Task statement >> Look through the data below for the line with "abbrev got_one : Session" and the line with "host-Run : Run", then output those two and all lines in between, exactly as written.
Segment Start: Source data
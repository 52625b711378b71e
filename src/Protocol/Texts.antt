-- ===== src/Protocol/Texts.antt =====
-- Which texts name a protocol.
use lantun.Base.{
  ℕ, ◌≡◌, refl, ◌≢◌, ◌≤◌, ◌↔◌, [], ◌∷◌, ◌++◌, map, Text, codes, ok, arith, All, Bool, true, false,
  ◌||◌, ◌==◌, nat_eq, bytes_eq,
}
use lantun.Protocol.{
  TunnelProtocol, tcp, udp, fmt, ascii_lower, NonAscii, to_lowercase, from_str, deserialize,
  serialize,
}

-- What is printed is read back as the same protocol.
pub from_str-fmt : (non_ascii : NonAscii) (p : TunnelProtocol) → from_str non_ascii (fmt p) ≡ ok p
unfolding from_str fmt bytes_eq
from_str-fmt non_ascii tcp = refl
from_str-fmt non_ascii udp = refl

-- The letters of the two names.
abbrev pub name_letter : ℕ → Bool
name_letter c = c == b't' || c == b'c' || c == b'p' || c == b'u' || c == b'd'

-- What the Unicode tables say of a character from 128 on: its lower case is not empty and begins
-- with none of these letters.
abbrev pub Far : Text → Type 0
Far [] = ⊥
Far (d ∷ _) = name_letter d ≡ false

abbrev pub IsUnicode : NonAscii → Type 0
IsUnicode non_ascii =
    (before : Text) (c : ℕ) (after : Text) → 128 ≤ c → Far (non_ascii before c after)

module _ (non_ascii : NonAscii) where
  -- A protocol that was serialized is deserialized as the same protocol, whatever the Unicode
  -- tables say.
  pub deserialize-serialize :
      {E : Type 0} (custom : Text → E) (p : TunnelProtocol)
      → deserialize non_ascii custom (ok (serialize p)) ≡ ok p
  unfolding deserialize serialize bytes_eq
  deserialize-serialize custom tcp = refl
  deserialize-serialize custom udp = refl

  Far-ne : (l rest : Text) (x : ℕ) (w : Text) → Far l → name_letter x ≡ true → l ++ rest ≢ x ∷ w
  Far-ne [] rest x w far letter e = absurd far
  Far-ne (d ∷ l) rest x w far letter e = ground arith

  Far-ne_nil : (l rest : Text) → Far l → l ++ rest ≢ []
  Far-ne_nil [] rest far e = absurd far
  Far-ne_nil (d ∷ l) rest far e = cc

  module _ (unicode : IsUnicode non_ascii) where
    -- The lower case of a text is a word over those letters just if its ASCII lower case is.
    to_lowercase_iff :
        (before s w : Text)
        → All (λ x. name_letter x ≡ true) w
        → (to_lowercase non_ascii before s ≡ w) ↔ (map ascii_lower s ≡ w)
    unfolding to_lowercase
    to_lowercase_iff before [] w letters = (λ e. e, λ e. e)
    to_lowercase_iff before (c ∷ s) [] letters = ground (
      arith,
      unicode before c s,
      Far-ne_nil (non_ascii before c s) (to_lowercase non_ascii (before ++ (c ∷ [])) s),
    )
    to_lowercase_iff before (c ∷ s) (x ∷ w) letters = ground (
      arith,
      unicode before c s,
      Far-ne (non_ascii before c s) (to_lowercase non_ascii (before ++ (c ∷ [])) s) x w,
      to_lowercase_iff (before ++ (c ∷ [])) s w letters.1,
    )

    -- from_str gives a protocol exactly if the text, with its ASCII capitals made small, is the
    -- name of that protocol, if no character above ASCII has a lower case that is empty or begins
    -- with a letter of a name.
    pub from_str_iff :
        (p : TunnelProtocol) (s : Text)
        → (from_str non_ascii s ≡ ok p) ↔ (map ascii_lower s ≡ fmt p)
    unfolding from_str fmt
    from_str_iff tcp s = ground (arith, to_lowercase_iff [] s (codes "tcp"))
    from_str_iff udp s = ground (arith, to_lowercase_iff [] s (codes "udp"))
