-- ===== src/Tests.antt =====
-- The theorems at concrete inputs, and runs of the definitions that can be followed in the source.
mod Toy
mod Wire
mod Keys
mod Forwarding
mod Texts
mod Tunnels
mod Serving
mod Across
mod Stopping
mod Linking
mod Closing
mod Wiring
mod Commands
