-- ===== src/Tests/Toy.antt =====
-- A concrete runtime, in which a secret key and its public key are the same bytes.
use lantun.Addr.{v4, SocketAddr}
use lantun.Runtime.{IsWatch, Runtime, Send}
use lantun.Base.{
  nat_eq, [], some, zero, ◌==◌, if◌then◌else◌, true, suc, ◌∷◌, bytes_eq, false, none, refl, Option,
  Bytes, ℕ,
}

-- Bytes that begin with 255 are no public key.
abbrev pub toy_public : Bytes → Option Bytes
toy_public [] = none
toy_public (b ∷ bs) = if b == 255 then none else some (b ∷ bs)

abbrev pub toy : Runtime
toy = record {
  SecretKey = Bytes;
  PublicKey = Bytes;
  Endpoint = ℕ;
  Connection = ℕ;
  StopSender = ℕ;
  secret_from = λ b. b;
  secret_bytes = λ k. k;
  public_key = λ k. k;
  public_from = toy_public;
  public_bytes = λ k. k;
  same_peer = bytes_eq.dec;
}

-- A channel whose `send` fails without receivers.
abbrev pub toy_send : Send
toy_send zero = false
toy_send (suc n) = true

pub toy_send-IsWatch : IsWatch toy_send
toy_send-IsWatch = record { closed = refl; heard = λ n. refl }

abbrev pub app : SocketAddr
app = v4 2130706433 5000

abbrev pub game : SocketAddr
game = v4 2130706433 25565
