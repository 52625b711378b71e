-- ===== src/Tests/Across.antt =====
-- The theorems on connections from end to end at concrete sessions (net/udp.rs).
use lantun.Net.Udp.Datagrams.{client-Run-cut, own, client_datagrams, given_from, Datagram, buffered}
use lantun.Net.Udp.{udp-IsLoop}
use lantun.Tests.Toy.{app}
use lantun.Addr.{addr_eq}
use lantun.Net.Udp.Merged.{stream_reader, one_read, two_datagrams, Runs-merge}
use lantun.Forward.{
  closed, finished, Flow, received, tunnel_forwarder_buffer_size, timeout_of, arming,
}
use lantun.Forward.Session.{
  wake_socket, arm_socket, Turn, done, next, Run, step, fresh, start, Session,
}
use lantun.Base.{
  arith, Bool, true, ◌≤◌, length, zero, Option, suc, Bytes, List, map, ℕ, refl, ◌++◌, [], concat,
  nat_eq, ◌∷◌, ◌≡◌,
}
use lantun.Net.Udp

replicate : ℕ → ℕ → Bytes
replicate zero b = []
replicate (suc n) b = b ∷ replicate n b

-- An application sends `1 2` and then `3`, and the host reads all three bytes at once.
abbrev sent_two : Session
sent_two = record {
  tunnel = fresh;
  socket = record { phase = arming; sent = (1 ∷ 2 ∷ []) ∷ (3 ∷ []) ∷ [] };
  last_active = 0;
}

abbrev got_one : Session
got_one = record {
  tunnel = record { phase = arming; sent = (1 ∷ 2 ∷ 3 ∷ []) ∷ [] };
  socket = fresh;
  last_active = 0;
}

client-Run :
    Run Udp.client_reader
      (client_datagrams app)
      (start 0)
      (two_datagrams app (1 ∷ 2 ∷ []) (3 ∷ []))
      sent_two
unfolding start step Udp.udp_to_tunnel_client Udp.overlay timeout_of addr_eq nat_eq buffered
client-Run = next refl (next (20, refl) (next refl (next (20, refl) done)))

host-Run : Run stream_reader Udp.host_writer (start 0) (one_read (1 ∷ 2 ∷ 3 ∷ [])) got_one
unfolding start step Udp.tunnel_to_udp_host timeout_of nat_eq buffered
host-Run = next refl (next (20, refl) done)

Runs-merge_example :
    (sent_two.socket.sent ≡ (1 ∷ 2 ∷ []) ∷ (3 ∷ []) ∷ [])
    × (concat sent_two.socket.sent ≡ concat got_one.tunnel.sent)
    × (got_one.tunnel.sent ≡ (1 ∷ 2 ∷ 3 ∷ []) ∷ [])
Runs-merge_example = Runs-merge app 1 3 (2 ∷ []) [] (omega arith) client-Run host-Run

-- A datagram of 1025 bytes, of which the last is cut off.
abbrev long_datagram : Datagram
long_datagram = record { from = app; content = replicate 1025 9 }

abbrev one_datagram : List (Turn (Option Bytes) Datagram)
one_datagram = arm_socket 0 ∷ wake_socket 0 (received long_datagram true) ∷ []

abbrev sent_one : Session
sent_one = record {
  tunnel = fresh;
  socket = record { phase = arming; sent = replicate 1024 9 ∷ [] };
  last_active = 0;
}

cut-Run : Run Udp.client_reader (client_datagrams app) (start 0) one_datagram sent_one
unfolding start step Udp.udp_to_tunnel_client Udp.overlay buffered replicate timeout_of addr_eq
    nat_eq
cut-Run = next refl (next (20, refl) done)

client-Run-cut_example :
    (sent_one.socket.sent
      ≡ []
        ++ map buffered
            (given_from Udp.client_reader (client_datagrams app) (own app) one_datagram))
    × ((content : Bytes)
        → (length (buffered content) ≤ tunnel_forwarder_buffer_size)
          × (length content ≤ tunnel_forwarder_buffer_size → buffered content ≡ content))
    × ((written : Bool) (now : ℕ) (f : Flow)
        → (client_datagrams app).wake (received (record { from = app; content = [] }) written) now f
          ≡ record f { phase = finished closed })
unfolding start
client-Run-cut_example = client-Run-cut Udp.client_reader (udp-IsLoop app).2 app cut-Run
Segment End: Source data
Result of this task >>
abbrev got_one : Session
got_one = record {
  tunnel = record { phase = arming; sent = (1 ∷ 2 ∷ 3 ∷ []) ∷ [] };
  socket = fresh;
  last_active = 0;
}

client-Run :
    Run Udp.client_reader
      (client_datagrams app)
      (start 0)
      (two_datagrams app (1 ∷ 2 ∷ []) (3 ∷ []))
      sent_two
unfolding start step Udp.udp_to_tunnel_client Udp.overlay timeout_of addr_eq nat_eq buffered
client-Run = next refl (next (20, refl) (next refl (next (20, refl) done)))

host-Run : Run stream_reader Udp.host_writer (start 0) (one_read (1 ∷ 2 ∷ 3 ∷ [])) got_one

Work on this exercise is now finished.